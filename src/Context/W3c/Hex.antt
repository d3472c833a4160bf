-- ===== src/Context/W3c/Hex.antt =====
-- Hexadecimal digits and bytes: what `bytes.hex` writes is what the pattern and `bytes.fromhex` read.
use wardex_sdk.Prelude.{
  ℕ, zero, suc, ◌+◌, ◌*◌, ◌/◌, ◌%◌, ◌<◌, ◌≡◌, refl, ap, inl, inr, true, false, Option, none, some,
  List, [], ◌∷◌, ◌++◌, length, All, arith, nat_eq, Bool-cases,
}
use wardex_sdk.Prelude.Text.{Text, is_space}
use wardex_sdk.Types.{digit, to_hex}
use wardex_sdk.Context.W3c.{is_hex, hex_run, hex_value, from_hex, cons_run}

abbrev pub AreBytes : List ℕ → Type 0
AreBytes = All (λ b. b < 256)

abbrev pub AreHex : Text → Type 0
AreHex = All (λ c. is_hex c ≡ true)

pub is_hex-digit : (d : ℕ) → d < 16 → is_hex (digit d) ≡ true
unfolding is_hex digit
is_hex-digit d h = ground arith

pub hex_value-digit : (d : ℕ) → d < 16 → hex_value (digit d) ≡ d
unfolding hex_value digit
hex_value-digit d h = ground arith

pub digit-hex_value : (c : ℕ) → is_hex c ≡ true → digit (hex_value c) ≡ c
unfolding hex_value digit is_hex
digit-hex_value c h = ground arith

pub hex_value-lt : (c : ℕ) → is_hex c ≡ true → hex_value c < 16
unfolding hex_value is_hex
hex_value-lt c h = ground arith

pub is_hex-not-space : (c : ℕ) → is_hex c ≡ true → is_space c ≡ false
unfolding is_hex is_space
is_hex-not-space c h = ground arith

pub is_hex-not-feed : (c : ℕ) → is_hex c ≡ true → nat_eq c 10 ≡ false
unfolding is_hex
is_hex-not-feed c h = ground arith

pub to_hex-AreHex : (bs : List ℕ) → AreBytes bs → AreHex (to_hex bs)
unfolding to_hex
to_hex-AreHex [] h = tt
to_hex-AreHex (b ∷ bs) h = (
  is_hex-digit (b / 16) (omega (arith, h.0)),
  (is_hex-digit (b % 16) (omega arith), to_hex-AreHex bs h.1),
)

pub length-to_hex : (bs : List ℕ) → length (to_hex bs) ≡ 2 * length bs
unfolding to_hex
length-to_hex [] = omega arith
length-to_hex (b ∷ bs) = omega (arith, length-to_hex bs)

pub from_hex-to_hex : (bs : List ℕ) → AreBytes bs → from_hex (to_hex bs) ≡ bs
unfolding to_hex from_hex
from_hex-to_hex [] h = refl
from_hex-to_hex (b ∷ bs) h =
    rw
      (
        hex_value-digit (b / 16) (omega (arith, h.0)),
        hex_value-digit (b % 16) (omega arith),
        from_hex-to_hex bs h.1,
      )
      (ap (λ x. x ∷ bs) (omega arith))

-- The pattern takes the digits that stand there.
pub hex_run-append :
    (n : ℕ) (s r : Text) → length s ≡ n → AreHex s → hex_run n (s ++ r) ≡ some (s, r)
unfolding hex_run
hex_run-append zero [] r e h = refl
hex_run-append zero (c ∷ s) r e h = absurd (omega arith)
hex_run-append (suc n) [] r e h = absurd (omega arith)
hex_run-append (suc n) (c ∷ s) r e h = rw (h.0, hex_run-append n s r (omega arith) h.1)

-- What the pattern took, and what it left.
pub record Run (n : ℕ) (s ds r : Text) : Type 0 where
  pub whole : s ≡ ds ++ r
  pub size : length ds ≡ n
  pub hex : AreHex ds

cons_run-Run :
    (n c : ℕ) (s ds r : Text) (o : Option (Text × Text))
    → ((es : Text) → o ≡ some (es, r) → Run n s es r)
    → is_hex c ≡ true
    → cons_run c o ≡ some (ds, r)
    → Run (suc n) (c ∷ s) ds r
cons_run-Run n c s ds r none ih h e = cc
cons_run-Run n c s ds r (some (es, q)) ih h e =
    let k : Run n s es r = ih es (ground arith) in
    let d : c ∷ es ≡ ds = ground arith in
    rw (← d) (record { whole = ap (λ t. c ∷ t) k.whole; size = ap suc k.size; hex = (h, k.hex) })

pub hex_run-Run : (n : ℕ) (s ds r : Text) → hex_run n s ≡ some (ds, r) → Run n s ds r
unfolding hex_run
hex_run-Run zero s ds r e =
    let d : [] ≡ ds = ground arith in
    rw (← d) (record { whole = ground arith; size = refl; hex = tt })
hex_run-Run (suc n) [] ds r e = cc
hex_run-Run (suc n) (c ∷ s) ds r e = elim (Bool-cases (is_hex c)) [
  | inl h ↦ cons_run-Run n c s ds r (hex_run n s) (λ es. hex_run-Run n s es r) h (ground arith)
  | inr h ↦ absurd (ground arith)
]

pub length-from_hex : (n : ℕ) (ds : Text) → length ds ≡ 2 * n → length (from_hex ds) ≡ n
unfolding from_hex
length-from_hex n [] h = omega arith
length-from_hex n (c ∷ []) h = absurd (omega arith)
length-from_hex zero (c ∷ d ∷ ds) h = absurd (omega arith)
length-from_hex (suc n) (c ∷ d ∷ ds) h = ap suc (length-from_hex n ds (omega arith))

pub from_hex-AreBytes : (ds : Text) → AreHex ds → AreBytes (from_hex ds)
unfolding from_hex
from_hex-AreBytes [] h = tt
from_hex-AreBytes (c ∷ []) h = tt
from_hex-AreBytes (c ∷ d ∷ ds) h =
    (omega (arith, hex_value-lt c h.0, hex_value-lt d h.1.0), from_hex-AreBytes ds h.1.1)

-- Reading bytes and writing them again gives the digits back.
pub to_hex-from_hex :
    (n : ℕ) (ds : Text) → length ds ≡ 2 * n → AreHex ds → to_hex (from_hex ds) ≡ ds
unfolding to_hex from_hex
to_hex-from_hex n [] e h = refl
to_hex-from_hex n (c ∷ []) e h = absurd (omega arith)
to_hex-from_hex zero (c ∷ d ∷ ds) e h = absurd (omega arith)
to_hex-from_hex (suc n) (c ∷ d ∷ ds) e h =
    let lc = hex_value-lt c h.0 in
    let ld = hex_value-lt d h.1.0 in
    let hi : (hex_value c * 16 + hex_value d) / 16 ≡ hex_value c = omega arith in
    let lo : (hex_value c * 16 + hex_value d) % 16 ≡ hex_value d = omega arith in
    rw (
      hi,
      lo,
      digit-hex_value c h.0,
      digit-hex_value d h.1.0,
      to_hex-from_hex n ds (omega arith) h.1.1,
    )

_ _ _ _

**Problem requirements**:
The answer must consist of every line from the records above that holds "zero".

**Completed exercise**:
  ℕ, zero, suc, ◌+◌, ◌*◌, ◌/◌, ◌%◌, ◌<◌, ◌≡◌, refl, ap, inl, inr, true, false, Option, none, some,
hex_run-append zero [] r e h = refl
hex_run-append zero (c ∷ s) r e h = absurd (omega arith)
hex_run-Run zero s ds r e =
length-from_hex zero (c ∷ d ∷ ds) h = absurd (omega arith)
to_hex-from_hex zero (c ∷ d ∷ ds) e h = absurd (omega arith)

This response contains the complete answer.